The hunting-gathering experience felt both primal and meditative. “It’s a wonderfully mindless activity in a beautiful place Free Web space and make money online,” Valtz said. As gorgeous as Cape Cod Bay clearly is — especially when bathed in morning light — it’s even better with oysters on the half shell.
Tools of the trade.The only equipment needed are rubber gloves (oyster shells are sharp — I have the scars to prove it) Free Web space and make money online, a bucket, a small hammer and sandals/shorts you don’t mind getting wet. After two hours hunched over about a foot of water, I had pulled in roughly two dozen oysters. This, Valtz explained, was a rather paltry sum compared with the previous month’s haul. We were past peak oyster season and at the height of the summer tourist infestation, when pickings are slimmer.
Photographs by Alma Gensler Catch of the day.“This late in the season, the whole game is to move slowly and turn over everything Free Web space and make money online,” advised Beau Valtz, my bivalve sensei and a year-round Cape Codder who has been harvesting shellfish for the past 12 years. Oyster hunting, he says, involves little more than picking up anything that looks like an oyster, detaching the seaweed and assorted sea life and making sure it conforms to size restrictions — oysters must measure at least three inches in length. Beware: there is a shell constabulary who can slap rule breakers with stiff fines.

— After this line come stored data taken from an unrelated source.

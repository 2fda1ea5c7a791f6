-- ===== src/Sem/Wait.antt =====
-- src/ipc/sem/sem.c: rt_sem_wait, rt_sem_wait_if, rt_sem_wait_until.
pub mod Uncontended
pub mod Balance
pub mod Elsewhere
mod Tests
use rtai.Base.{ℕ, Bool, true, false, not, ◌&&◌, ◌||◌, leb, ltb, ◌==◌, if◌then◌else◌, none}
use rtai.Base.Int.{ℤ, pos, ◌+ℤ◌, ◌-ℤ◌, ltb_ℤ, leb_ℤ, eq_ℤ}
use rtai.Kernel.{
  TaskState, Blocked, Owner, null, rtp, sem_queue, nobody, task, number, Kernel, set_task, set_sem,
}
use rtai.Sched.{
  rem_ready_task, rem_ready_current, enq_timed_task, enqueue_blocked, dequeue_blocked, priority_of,
}
use rtai.Prio.{enqueue_resqel, set_task_prio_from_resq, pass_prio}
use rtai.Sem.{rte_objinv, rte_deadlok, rte_unblkd, rte_timout, rte_objrem, count_up, owned_by}

-- A service returns its value, or goes on after a decision.
pub data Attempt : Type 0 where
  returns : ℤ → Kernel → Attempt
  goes_on : Kernel → Attempt

pub count_down : ℕ → Kernel → Kernel
count_down s k = set_sem s (record (k.sems s) { count = (k.sems s).count -ℤ pos 1 }) k

-- `enqueue_resqel(&sem->resq, sem->owndby = rt_current)`
pub take_over : ℕ → ℕ → Kernel → Kernel
take_over s c k = enqueue_resqel c (set_sem s (record (k.sems s) { owndby = task c }) k)

-- `if (sem->type > 0) enqueue_resqel(...)`, at the end of a wait that got the semaphore
pub acquired : ℕ → ℕ → Kernel → Kernel
acquired s c k = if ltb_ℤ (pos 0) (k.sems s).type then take_over s c k else k

-- the state bits of a task that waits for a semaphore, and for a time as well
abbrev pub waiting : Bool → TaskState → TaskState
waiting timed b = record b { semaphore = true; delayed = timed || b.delayed }

-- The owner that has not run since it was given the semaphore is put back in the queue: the first
-- two branches of the macro, then what they share.
set_back : ℕ → ℕ → ℕ → Kernel → Kernel
set_back s t c k =
    let x = k.tasks t in
    let down = rem_ready_task t (count_down s k) in
    let idle =
      set_task t (record (down.tasks t) { state = waiting false (down.tasks t).state }) down in
    let timed =
      set_task t (record (down.tasks t) { state = waiting true (down.tasks t).state }) down in
    take_over s c (
      enqueue_blocked t s false (
        if eq_ℤ x.running (pos 0)
        then idle
        else if ltb k.time_h x.resume_time
        then enq_timed_task t timed
        else k))

-- UBI_MAIOR_MINOR_CESSAT_WAIT: a task of higher priority takes the semaphore over.
pub ubi_maior : ℕ → Kernel → Attempt
ubi_maior s k =
    let c = k.current in
    elim (k.sems s).owndby [
      | nobody ↦ goes_on k
      | number n ↦ goes_on k
      | task t ↦
          if ltb (priority_of k c) (priority_of k t) && leb_ℤ (k.tasks t).running (pos 0)
          then returns (pos 1) (set_back s t c k)
          else goes_on k
    ]

-- A lock that the caller owns: one level more, or a deadlock. The value is `count + 1`, where count
-- is the old type.
pub nested : ℕ → Kernel → Attempt
nested s k =
    let m = k.sems s in
    if not (eq_ℤ m.restype (pos 0)) && owned_by m k.current
    then (if ltb_ℤ (pos 0) m.restype
        then returns (m.type +ℤ pos 1) (set_sem s (record m { type = m.type +ℤ pos 1 }) k)
        else returns rte_deadlok k)
    else goes_on k

-- `state |= ...; rem_ready_current(rt_current); enqueue_blocked(rt_current, ...)`
pub block_current : ℕ → Bool → Kernel → Kernel
block_current s timed k =
    let c = k.current in
    let x = k.tasks c in
    let k₁ : Kernel = set_task c (record x { state = waiting timed x.state }) k in
    enqueue_blocked c s (k.sems s).qtype (rem_ready_current c k₁)

-- What blocked_on tells a task that goes on: NULL, RTP_OBJREM (4), or anything else.
pub data Wakeup : Type 0 where
  got : Wakeup
  removed : Wakeup
  interrupted : Wakeup

pub wakeup_of : Blocked → Wakeup
wakeup_of null = got
wakeup_of (rtp e) = if e == 4 then removed else interrupted
wakeup_of other = interrupted

-- `retp > RTP_HIGERR ? RTE_TIMOUT : RTE_UNBLKD`; RTP_HIGERR is 11.
interruption_code : Blocked → ℤ
interruption_code (rtp e) = if ltb 11 e then rte_timout else rte_unblkd
interruption_code other = rte_timout

-- `if (sem->owndby && sem->type > 0) set_task_prio_from_resq(sem->owndby);`
pub reset_prio : Owner → Bool → Kernel → Kernel
reset_prio nobody resource k = k
reset_prio (number n) resource k = k
reset_prio (task t) resource k = if resource then (set_task_prio_from_resq t k).1 else k

-- The count and the priorities, when a task stops waiting without having got the semaphore.
pub withdraw : ℕ → ℕ → Kernel → Kernel
withdraw s c k =
    let k₁ = dequeue_blocked c s k in
    let k₂ : Kernel = set_sem s (count_up (k₁.sems s)) k₁ in
    reset_prio (k₂.sems s).owndby (ltb_ℤ (pos 0) (k₂.sems s).type) k₂

pub forget_prio : ℕ → Kernel → Kernel
forget_prio c k = set_task c (record (k.tasks c) { prio_passed_to = none }) k

module _ (ntasks : ℕ) (rt_schedule : Kernel → Kernel) where
  -- `if (sem->type > 0) schedmap = pass_prio(sem->owndby, rt_current);`
  pub boost_owner : ℕ → Kernel → Kernel
  boost_owner s k =
      if ltb_ℤ (pos 0) (k.sems s).type then pass_prio ntasks (k.sems s).owndby k.current k else k

  -- what a wait does once it is clear that it blocks, up to rt_schedule()
  pub block_on : ℕ → Bool → Kernel → Kernel
  block_on s timed k = block_current s timed (count_down s (boost_owner s k))

  -- The checks before a wait blocks, for a resource only.
  pub may_block : ℕ → Kernel → Attempt
  may_block s k =
      if ltb_ℤ (pos 0) (k.sems s).type
      then elim (ubi_maior s k) [ returns r k' ↦ returns r k' | goes_on k' ↦ nested s k' ]
      else goes_on k

  -- rt_sem_wait after rt_schedule() has returned to the caller c
  pub resume_wait : ℕ → ℕ → Kernel → ℤ × Kernel
  resume_wait s c k = elim (wakeup_of (k.tasks c).blocked_on) [
    | got ↦ ((k.sems s).count, acquired s c k)
    | removed ↦ (rte_objrem, forget_prio c k)
    | interrupted ↦ (rte_unblkd, withdraw s c k)
  ]

  pub rt_sem_wait : ℕ → Kernel → ℤ × Kernel
  rt_sem_wait s k =
      let m = k.sems s in
      let c = k.current in
      if not m.magic
      then (rte_objinv, k)
      else if leb_ℤ m.count (pos 0)
      then elim (may_block s k) [
        | returns r k' ↦ (r, k')
        | goes_on k' ↦ resume_wait s c (rt_schedule (block_on s false k'))
      ]
      else (m.count, acquired s c (count_down s k))

  pub rt_sem_wait_if : ℕ → Kernel → ℤ × Kernel
  rt_sem_wait_if s k =
      let m = k.sems s in
      if not m.magic
      then (rte_objinv, k)
      else if leb_ℤ m.count (pos 0)
      then elim (if ltb_ℤ (pos 0) m.type then ubi_maior s k else goes_on k) [
        | returns r k' ↦ (r, k')
        | goes_on k' ↦ elim (nested s k') [ returns r k₂ ↦ (r, k₂) | goes_on k₂ ↦ (m.count, k₂) ]
      ]
      else (m.count, acquired s k.current (count_down s k))

  -- rt_sem_wait_until after rt_schedule(), or at once if the time is past
  resume_wait_until : ℕ → ℕ → Kernel → ℤ × Kernel
  resume_wait_until s c k = elim (wakeup_of (k.tasks c).blocked_on) [
    | got ↦ ((k.sems s).count, acquired s c k)
    | removed ↦ (rte_objrem, forget_prio c k)
    | interrupted ↦ (interruption_code (k.tasks c).blocked_on, withdraw s c k)
  ]

  pub rt_sem_wait_until : ℕ → ℕ → Kernel → ℤ × Kernel
  rt_sem_wait_until s time k =
      let m = k.sems s in
      let c = k.current in
      let k₁ : Kernel =
        set_task c (record (k.tasks c) { blocked_on = sem_queue s; resume_time = time }) k in
      if not m.magic
      then (rte_objinv, k)
      else if leb_ℤ m.count (pos 0)
      then (if ltb k.time_h time
          then elim (may_block s k₁) [
            | returns r k' ↦ (r, k')
            | goes_on k' ↦
                resume_wait_until s c (rt_schedule (enq_timed_task c (block_on s true k')))
          ]
          else resume_wait_until s c (count_down s k₁))
      else (m.count, acquired s c (count_down s k))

Oysters, however, are not the only shell game in town: clams or quahogs, which the Wellfleet Township seeds, can be found in a long line parallel to shore. They are harvested with rakes scraped across the seafloor bottom. An older Italian gentleman with a large, elongated shell explained that he had found a scungilli (or whelk). He licked his lips, explaining how he would later boil, slice and sauté the sea snail with olive oil and lemon. Back on shore we came across people kneeling on Indian Neck Beach digging for steamers (soft-shell clams) found beneath air holes pocking the sand.

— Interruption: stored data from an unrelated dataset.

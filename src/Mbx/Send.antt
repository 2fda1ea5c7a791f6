-- ===== src/Mbx/Send.antt =====
-- src/ipc/mbx/mbx.c: _rt_mbx_send, _wp, _if, _until, _timed and _rt_mbx_ovrwr_send.
-- A message is the list of its bytes, and `msg_size` a natural number. The result is `none` where
-- rt_sem_signal has none. The loops of the services that wait run on fuel, and have no result when
-- it is used up; a round ends with the message shorter, if the wait ended because there was room.
pub mod Atomic
use rtai.Base.{
  ℕ, zero, suc, ◌+◌, ◌==◌, leb, ltb, List, [], ◌∷◌, Bool, true, false, not, ◌&&◌, if◌then◌else◌,
  Option, none, some,
}
use rtai.Base.Int.{ℤ, pos, negsuc, ltb_ℤ, leb_ℤ, eq_ℤ}
use rtai.Kernel.{Blocked, Sem, Mailbox, Kernel, set_mbx, update}
use rtai.Mbx.Ring.{Ring, mbxput, mbxovrwrput}
use rtai.Mbx.Wait.{frbs_of, take_now, mbx_signal, mbx_wait, mbx_wait_until}
use rtai.Sem.{rte_objinv}
use rtai.Sem.Signal.{rt_sem_signal}
use rtai.Sem.Wait.{rt_sem_wait, rt_sem_wait_until}

abbrev sndsem_of : ℕ → Kernel → ℕ
sndsem_of m k = (k.mbxs m).sndsem

abbrev pub set_ring : ℕ → Ring → Kernel → Kernel
set_ring m r k = set_mbx m (record (k.mbxs m) { ring = r }) k

module _ (ntasks : ℕ) (rt_schedule : Kernel → Kernel) (rt_task_delete : ℕ → Kernel → Kernel)
    (address : Blocked → ℤ) (get_time : Kernel → ℕ) where
  -- `rt_sem_signal(&mbx->sndsem); return value;`
  end_send : ℕ → ℤ → Kernel → Option (ℤ × Kernel)
  end_send m value k = elim (rt_sem_signal rt_schedule rt_task_delete (sndsem_of m k) k) [
    | none ↦ none
    | some r ↦ some (value, r.1)
  ]

  send_loop : (Kernel → ℤ × Kernel) → ℕ → ℕ → List ℕ → ℕ → Kernel → Option (ℤ × Kernel)
  send_loop wait zero m msg msg_size k = if msg_size == 0 then end_send m (pos 0) k else none
  send_loop wait (suc fuel) m msg msg_size k = elim (msg_size == 0) [
    | true ↦ end_send m (pos 0) k
    | false ↦
        let (retval, k₁) = wait k in
        let p = mbxput (k₁.mbxs m).ring msg msg_size in
        elim (eq_ℤ retval (pos 0)) [
          | false ↦ end_send m retval k₁
          | true ↦
              send_loop wait fuel m p.msg p.msg_size
                (mbx_signal rt_schedule m (set_ring m p.ring k₁))
        ]
  ]

  -- what _rt_mbx_send and _rt_mbx_send_until share after the wait for the semaphore
  send_after : (Kernel → ℤ × Kernel) → ℕ → ℕ → List ℕ → ℕ → ℤ × Kernel → Option (ℤ × Kernel)
  send_after wait fuel m msg msg_size w =
      if ltb_ℤ (pos 1) w.0 then some w else send_loop wait fuel m msg msg_size w.1

  rt_mbx_send : ℕ → ℕ → List ℕ → ℕ → Kernel → Option (ℤ × Kernel)
  rt_mbx_send fuel m msg msg_size k =
      if not (k.mbxs m).magic
      then some (rte_objinv, k)
      else send_after (mbx_wait rt_schedule address m frbs_of) fuel m msg msg_size
          (rt_sem_wait ntasks rt_schedule (sndsem_of m k) k)

  rt_mbx_send_until : ℕ → ℕ → List ℕ → ℕ → ℕ → Kernel → Option (ℤ × Kernel)
  rt_mbx_send_until fuel m msg msg_size time k =
      if not (k.mbxs m).magic
      then some (rte_objinv, k)
      else send_after (mbx_wait_until rt_schedule m frbs_of time) fuel m msg msg_size
          (rt_sem_wait_until ntasks rt_schedule (sndsem_of m k) time k)

  rt_mbx_send_timed : ℕ → ℕ → List ℕ → ℕ → ℕ → Kernel → Option (ℤ × Kernel)
  rt_mbx_send_timed fuel m msg msg_size delay k =
      rt_mbx_send_until fuel m msg msg_size (get_time k + delay) k

  -- What follows the copy in a service that does not wait.
  pub put_done : ℕ → ℤ → Ring → Kernel → Option (ℤ × Kernel)
  put_done m value r k = end_send m value (mbx_signal rt_schedule m (set_ring m r k))

  rt_mbx_send_wp : ℕ → List ℕ → ℕ → Kernel → Option (ℤ × Kernel)
  rt_mbx_send_wp m msg msg_size k =
      let x = k.mbxs m in
      let p = mbxput x.ring msg msg_size in
      if not x.magic
      then some (rte_objinv, k)
      else if ltb_ℤ (pos 0) (k.sems x.sndsem).count && not (x.ring.frbs == 0)
      then put_done m (pos p.msg_size) p.ring (take_now x.sndsem k)
      else some (pos msg_size, k)

  pub rt_mbx_send_if : ℕ → List ℕ → ℕ → Kernel → Option (ℤ × Kernel)
  rt_mbx_send_if m msg msg_size k =
      let x = k.mbxs m in
      let p = mbxput x.ring msg msg_size in
      if not x.magic
      then some (rte_objinv, k)
      else if ltb_ℤ (pos 0) (k.sems x.sndsem).count && leb msg_size x.ring.frbs
      then put_done m (pos 0) p.ring (take_now x.sndsem k)
      else some (pos msg_size, k)

  rt_mbx_ovrwr_send : ℕ → List ℕ → ℕ → Kernel → Option (ℤ × Kernel)
  rt_mbx_ovrwr_send m msg msg_size k =
      let x = k.mbxs m in
      let p = mbxovrwrput x.ring msg msg_size in
      if not x.magic
      then some (rte_objinv, k)
      else if ltb_ℤ (pos 0) (k.sems x.sndsem).count
      then put_done m (pos 0) p.ring (take_now x.sndsem k)
      else some (pos msg_size, k)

Fruits of labor and the sea.As an oyster fanatic who for decades has devoured Kumamotos, Malpeques, Blue Points and Wellfleets from the Grand Central Oyster Bar to Blue Ribbon to Pearl Oyster Bar and beyond, I relished the thought of skipping the middleman — and had no idea how easy it would be. In the Cape Cod town of Wellfleet, Mass., the ancient rite of shellfish gathering (witness the antiquated shell middens found on coasts across the globe) is open to anyone who can plunk down $75 for a seasonal non-residential shell license. (Go to the Wellfleet Shellfish Department for more information.) The permit, available on Town Pier, allows you to harvest a 10-quart bucket of shellfish weekly on Wednesdays and Sundays at low tide.

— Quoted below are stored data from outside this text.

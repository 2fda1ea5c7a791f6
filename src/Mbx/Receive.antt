-- ===== src/Mbx/Receive.antt =====
-- src/ipc/mbx/mbx.c: _rt_mbx_receive, _wp, _if, _until, _timed and _rt_mbx_evdrp.
-- The bytes that have been stored at the caller's buffer are part of the result. Fuel is as in Send.
pub mod Atomic
use rtai.Base.{
  ℕ, zero, suc, ◌+◌, ◌==◌, leb, ltb, List, [], ◌∷◌, ◌++◌, Bool, true, false, not, ◌&&◌,
  if◌then◌else◌, Option, none, some,
}
use rtai.Base.Int.{ℤ, pos, negsuc, ltb_ℤ, leb_ℤ, eq_ℤ}
use rtai.Kernel.{Blocked, Sem, Mailbox, Kernel, set_mbx, update}
use rtai.Mbx.Ring.{Ring, mbxget, mbxevdrp}
use rtai.Mbx.Wait.{avbs_of, take_now, mbx_signal, mbx_wait, mbx_wait_until}
use rtai.Mbx.Send.{set_ring}
use rtai.Sem.{rte_objinv}
use rtai.Sem.Signal.{rt_sem_signal}
use rtai.Sem.Wait.{rt_sem_wait, rt_sem_wait_until}

abbrev rcvsem_of : ℕ → Kernel → ℕ
rcvsem_of m k = (k.mbxs m).rcvsem

module _ (ntasks : ℕ) (rt_schedule : Kernel → Kernel) (rt_task_delete : ℕ → Kernel → Kernel)
    (address : Blocked → ℤ) (get_time : Kernel → ℕ) where
  -- `rt_sem_signal(&mbx->rcvsem); return value;`
  end_receive : ℕ → ℤ → List ℕ → Kernel → Option (ℤ × List ℕ × Kernel)
  end_receive m value out k = elim (rt_sem_signal rt_schedule rt_task_delete (rcvsem_of m k) k) [
    | none ↦ none
    | some r ↦ some (value, out, r.1)
  ]

  receive_loop : (Kernel → ℤ × Kernel) → ℕ → ℕ → List ℕ → ℕ → Kernel → Option (ℤ × List ℕ × Kernel)
  receive_loop wait zero m out msg_size k =
      if msg_size == 0 then end_receive m (pos 0) out k else none
  receive_loop wait (suc fuel) m out msg_size k = elim (msg_size == 0) [
    | true ↦ end_receive m (pos 0) out k
    | false ↦
        let (retval, k₁) = wait k in
        let g = mbxget (k₁.mbxs m).ring msg_size in
        elim (eq_ℤ retval (pos 0)) [
          | false ↦ end_receive m retval out k₁
          | true ↦
              receive_loop wait fuel m (out ++ g.out) g.msg_size
                (mbx_signal rt_schedule m (set_ring m g.ring k₁))
        ]
  ]

  -- Where the wait for the semaphore fails, the value is msg_size, whatever the error.
  rt_mbx_receive : ℕ → ℕ → ℕ → Kernel → Option (ℤ × List ℕ × Kernel)
  rt_mbx_receive fuel m msg_size k =
      let w = rt_sem_wait ntasks rt_schedule (rcvsem_of m k) k in
      if not (k.mbxs m).magic
      then some (rte_objinv, [], k)
      else if ltb_ℤ (pos 1) w.0
      then some (pos msg_size, [], w.1)
      else receive_loop (mbx_wait rt_schedule address m avbs_of) fuel m [] msg_size w.1

  -- Here the error of the wait for the semaphore is the value.
  rt_mbx_receive_until : ℕ → ℕ → ℕ → ℕ → Kernel → Option (ℤ × List ℕ × Kernel)
  rt_mbx_receive_until fuel m msg_size time k =
      let w = rt_sem_wait_until ntasks rt_schedule (rcvsem_of m k) time k in
      if not (k.mbxs m).magic
      then some (rte_objinv, [], k)
      else if ltb_ℤ (pos 1) w.0
      then some (w.0, [], w.1)
      else receive_loop (mbx_wait_until rt_schedule m avbs_of time) fuel m [] msg_size w.1

  rt_mbx_receive_timed : ℕ → ℕ → ℕ → ℕ → Kernel → Option (ℤ × List ℕ × Kernel)
  rt_mbx_receive_timed fuel m msg_size delay k =
      rt_mbx_receive_until fuel m msg_size (get_time k + delay) k

  -- What follows the copy in a service that does not wait.
  pub get_done : ℕ → ℤ → List ℕ → Ring → Kernel → Option (ℤ × List ℕ × Kernel)
  get_done m value out r k = end_receive m value out (mbx_signal rt_schedule m (set_ring m r k))

  rt_mbx_receive_wp : ℕ → ℕ → Kernel → Option (ℤ × List ℕ × Kernel)
  rt_mbx_receive_wp m msg_size k =
      let x = k.mbxs m in
      let g = mbxget x.ring msg_size in
      if not x.magic
      then some (rte_objinv, [], k)
      else if ltb_ℤ (pos 0) (k.sems x.rcvsem).count && not (x.ring.avbs == 0)
      then get_done m (pos g.msg_size) g.out g.ring (take_now x.rcvsem k)
      else some (pos msg_size, [], k)

  pub rt_mbx_receive_if : ℕ → ℕ → Kernel → Option (ℤ × List ℕ × Kernel)
  rt_mbx_receive_if m msg_size k =
      let x = k.mbxs m in
      let g = mbxget x.ring msg_size in
      if not x.magic
      then some (rte_objinv, [], k)
      else if ltb_ℤ (pos 0) (k.sems x.rcvsem).count && leb msg_size x.ring.avbs
      then get_done m (pos 0) g.out g.ring (take_now x.rcvsem k)
      else some (pos msg_size, [], k)

  -- It looks at the buffer only, and at no magic number.
  rt_mbx_evdrp : ℕ → ℕ → Bool → Kernel → ℤ × List ℕ × Kernel
  rt_mbx_evdrp m msg_size space k =
      let p = mbxevdrp (k.mbxs m).ring msg_size space in (pos p.msg_size, p.out, k)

The best-tasting oyster I will ever consume came at 8 a.m. on a warm late-July Wednesday in the middle of Wellfleet Harbor. I was attempting to remove the mollusk’s various attachments with a small Estwing drywall hammer when its shell accidentally cracked open. With few viable options, I selflessly did the humane thing: I slid it down my gullet. It was delectable — rich, creamy and absurdly fresh — and no more than 30 seconds between sea and belly.